Designing with Reclaimed Materials

Material Highlights Sustainability

Incorporating reclaimed materials into our projects elevates the design and gives a new life to the materials that carry the history of the building.

In 1879, Architects N. Le Brun & Son designed the firehouse for Metropolitan Steam Fire Engine Company No. 16 in Kips Bay, Manhattan. Nearly 150 years later, our clients came to us looking to complete an adaptive reuse conversion of the building into apartments, while paying respect to the building's deep history.

Green cast iron detailing, stained glass, and a fire escape on the front facade of a New York City apartment building.

On a project where you know you'll be incorporating both historic and modern elements, it is important to have the right team. Having a contractor who is interested in historic preservation and has the ability to collaborate with us to create custom solutions that marry the existing fabric with modern finishes. The team at R. Sutton & Co., along with their network of subcontractors, worked hand in hand with our team, consisting of Amy Failla and Joey Chemello, along with an incredibly creative and involved client.

When we began demo, we discovered stained glass windows hidden behind a large storefront sign and structure. The restoration process involved carefully removing the panes, stripping and restoring the frames on site, and working with Sunburst Studios to replace missing panes. Backlighting the windows with LED ensured that they shine day and night.

The newly restored windows fit perfectly with the existing cast iron lower façade, which was carefully stripped and restored to maintain its original fabric. The bricks of the upper façade are terracotta, so we worked with a historic preservationist to carefully restore them. Its limestone elements had been painted, and the surface of the stone was chiseled to allow the paint to stick. Stripped the paint but left the limestone chiseled, as a nod not that history.

Kitchen in a New York City apartment. The kitchen has wide plank wood floors, white marble countertops, and reclaimed tin ceilings. On the counter, pastries and coffee mugs are laid out next to a floral arrangement. A dog sits in front of a stainless steel refrigerator at the right of the frame.

In the kitchen, reused elements can be found from the reclaimed wood floors to restored milk glass tiles and tin ceilings.

The milk glass tiles were found elsewhere in the building, covered in paint and dirt. Stripping the layer of paint from the tiles revealed pristine white tiles. The restored tiles were used as the backsplash in the owners' kitchen.
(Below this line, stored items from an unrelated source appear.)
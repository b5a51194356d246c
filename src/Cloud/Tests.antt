-- ===== src/Cloud/Tests.antt =====
-- Runs of the cloud synchronisation on concrete answers, and instances of its theorems.
use rfid_access.Base.{
  ℕ, ◌≤◌, ◌<◌, ◌≡◌, refl, ◌⊎◌, inl, true, false, List, [], ◌∷◌, ◌++◌, none, some, arith, map, Text,
  is_empty, eq_text,
}
use rfid_access.Roster.{replace_all}
use rfid_access.Samples.{log, door, host, nv, idle, tap, wanted}
use rfid_access.Cloud.{CloudSync, start, begin, is_paired}
use rfid_access.Access.{Stamp, replace_roster}
use rfid_access.Cloud.Answer.{Offer, Response, Env}
use rfid_access.Cloud.Sync.{answered, sync_once}
use rfid_access.Cloud.Gates.{queued, Passes}
use rfid_access.Cloud.Offer.{offer_queued, queued_passed}
use rfid_access.Cloud.Kept.{Keeps}
use rfid_access.Cloud.Failed.{failed-Keeps}
use rfid_access.Cloud.Firmware.{
  Served, bytes, waiting, apply_firmware, committed, equals_ignore_case, hex_text, download,
}
use rfid_access.Cloud.Image.{sent, committed_checked, image_committed}
use rfid_access.Cloud.Pair
use rfid_access.Cloud.Pair.{
  Enrolled, Enrolment, pair, IsUnchanged, Asks, Accepts, IsPairedWith, pair_outcome,
}
use rfid_access.Spool.{append, record_bytes, new_record}
use rfid_access.Spool.View.{Holds}
use rfid_access.Spool.Order.{boot_of, idx_of}
use rfid_access.Cloud.Batch
use rfid_access.Cloud.Batch.{batch}
use rfid_access.Cloud.Delivery.{as_told, event_sent}
use rfid_access.Cloud.Once.{Apart, request, server_time, reboot, run, run-Apart}

abbrev timed : CloudSync
timed = record idle { srv_epoch = 1800000000; srv_at_ms = 1000 }

abbrev one : Text
one = b'1' ∷ []

abbrev two : Text
two = b'2' ∷ []

run-Apart_example :
    Apart nv.release_id
      (run (begin (start nv door) host) [] (
        server_time 1800000000 1000
        ∷ request one 1800000060 2000
        ∷ reboot host
        ∷ request one 1800000060 500
        ∷ [])).1
unfolding start
run-Apart_example = run-Apart idle host (
    server_time 1800000000 1000
    ∷ request one 1800000060 2000
    ∷ reboot host
    ∷ request one 1800000060 500
    ∷ [])

abbrev board : Text
board = b'a' ∷ []

abbrev offer : Offer
offer = record { board = board; version = two; url = host; sha = [] }

abbrev stamp : Stamp
stamp = record { ms = 5000; now = 0; written = some 40 }

abbrev response : Response
response = record {
  server_epoch = 1800000000;
  roster = none;
  roster_rev = none;
  ack_boot_id = 0;
  ack_idx = 0;
  config = none;
  reader_mode = none;
  restart = some one;
  release = none;
  release_feed = [];
  firmware = some offer;
}

abbrev env : Env
env = record {
  board = board;
  running = one;
  on_config = true;
  on_release = true;
  safe_to_update = some true;
  got_updates = true;
  got_staged = true;
  scratch = true;
  wrote = true;
  opened = true;
  renamed = true;
  ms = 5000;
  config_calls = (one, stamp) ∷ [];
  at_roster = stamp;
  at_offer = stamp;
}

abbrev echo : List ℕ → List ℕ
echo bs = bs

abbrev paired_door : CloudSync
paired_door = record timed { device_key = one; paired = true }

offer_queued_example :
    (sync_once echo paired_door true 90000 (answered true 200 (some response)) env).0.pending_fw
    ≡ queued offer
unfolding is_paired
offer_queued_example =
    offer_queued echo paired_door 90000 response env offer refl (omega arith) refl
      (refl, refl, refl) (inl refl)

queued_passed_example :
    let c' = (sync_once echo paired_door true 90000 (answered true 200 (some response)) env).0 in
    (c'.pending_fw ≡ paired_door.pending_fw)
    ⊎ ((o : Offer) × (some offer ≡ some o) × Passes o env × (c'.pending_fw ≡ queued o))
queued_passed_example =
    queued_passed echo paired_door true 90000 (answered true 200 (some response)) env

-- The new roster cannot be saved; the configuration is handed over all the same, and its event is
-- appended.
abbrev unsaved : Env
unsaved = record env { wrote = false }

failed-Keeps_example :
    Keeps log
      (sync_once echo paired_door true 90000
        (answered true 200 (some (record response { roster = some []; config = some wanted })))
        unsaved).0.access.spool
unfolding start sync_once is_paired replace_roster replace_all
failed-Keeps_example =
    failed-Keeps echo paired_door true 90000
      (answered true 200 (some (record response { roster = some []; config = some wanted })))
      unsaved (omega arith) refl

abbrev served : Served
served = record {
  rc = 200;
  board = board;
  size = 5;
  stream = bytes (1 ∷ 2 ∷ []) ∷ waiting ∷ bytes (3 ∷ 4 ∷ 5 ∷ []) ∷ [];
}

committed_checked_example :
    (served.rc ≡ 200)
    × ((is_empty board ≡ true) ⊎ (eq_text board board ≡ true))
    × ((rest : List ℕ) × ((1 ∷ 2 ∷ 3 ∷ 4 ∷ 5 ∷ []) ++ rest ≡ sent served.stream))
    × (0 < served.size)
    × (served.size ≤ 5)
    × ((is_empty [] ≡ true)
        ⊎ (equals_ignore_case [] (hex_text (echo (1 ∷ 2 ∷ 3 ∷ 4 ∷ 5 ∷ []))) ≡ true))
unfolding apply_firmware download
committed_checked_example =
    committed_checked echo board [] 90000 true served true true (1 ∷ 2 ∷ 3 ∷ 4 ∷ 5 ∷ []) refl

image_committed_example :
    apply_firmware echo board [] 90000 true served true true ≡ committed (sent served.stream)
image_committed_example =
    image_committed echo board [] 90000 served true (omega arith) refl refl (omega arith) tt refl
      refl

-- A key of 16 bytes for any code.
abbrev key : Text
key =
    b'k' ∷ b'k' ∷ b'k' ∷ b'k' ∷ b'k' ∷ b'k' ∷ b'k' ∷ b'k' ∷ b'k' ∷ b'k' ∷ b'k' ∷ b'k' ∷ b'k' ∷ b'k'
    ∷ b'k' ∷ b'k' ∷ []

abbrev accepted : Text → Text → Enrolled
accepted at code =
    Pair.answered true 200 (some (record { device_key = key; door_name = []; site = [] }))

abbrev code : Text
code = b'1' ∷ b'2' ∷ b'3' ∷ b'4' ∷ []

abbrev pointed : CloudSync
pointed = record idle { host = host }

pair_outcome_example :
    let p = pair accepted pointed code true 90000 in
    (IsUnchanged pointed p
      × ((a : Enrolment) → ¬ (Asks code true 90000 × Accepts (accepted pointed.host code) a)))
    ⊎ ((a : Enrolment) × Asks code true 90000
        × Accepts (accepted pointed.host code) a
        × IsPairedWith pointed a.device_key host p)
unfolding start
pair_outcome_example = pair_outcome accepted pointed code true 90000 host (inl (refl, refl))

log-Holds : Holds log []
log-Holds = ([], tt, refl, refl, omega arith, refl)

event_sent_example :
    batch (append log tap (some 40)).0 ≡ map Batch.sent [] ++ (as_told log tap ∷ [])
event_sent_example =
    event_sent log [] tap 40 refl (omega arith) log-Holds (omega arith) (omega arith) (omega arith)
      (omega arith)

-- The door of one tap, and the confirmation of its event.
abbrev tapped : CloudSync
tapped = record idle { access = record door { spool = (append log tap (some 40)).0 } }

abbrev the_record : List ℕ
the_record = record_bytes (new_record log tap)

abbrev confirmation : Response
confirmation = record response { ack_boot_id = boot_of the_record; ack_idx = idx_of the_record }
The tin ceilings were also found throughout the building. We carefully catalogued and laid out the portion of the tin panels that surrounded the original skylight, and designed a new skylight scaled to match the original. We stripped the paint from the ceilings, kept the patinaed and aged look that was left over, and sealed them to ensure longevity.

In one of the rental units, we carefully preserved a railing original to the building. The railing was one of the few salvageable elements of the top floor and informed our design decisions when we designed the unit's loft space. Our clients chose to juxtapose the railing, as a snapshot in time, with a modern, open staircase connecting the unit's loft space to the living and dining areas below. Underneath the loft, joists removed from other areas of the building were reused.

We discovered a cast iron railing leading from the first to the second floor of the building. When designing the lobby of the community facility, we carefully removed the railing and reinstalled it into the lobby. Wood slats, salvaged from elsewhere in the building, clad the walls.

The kitchen of a Manhattan apartment with green millwork, stainless steel appliances, wood floors, and white painted tin ceilings.

Prior to removing the wood subfloors, we sanded off the layer of paint to determine whether or not the wood was salvageable. We were pleased to find that it was, so we refinished the subfloors and used them as flooring material on the second floor of the building.

Carefully cataloging the panels of the tin ceilings was an important step to ensure successful and easy reinstallation.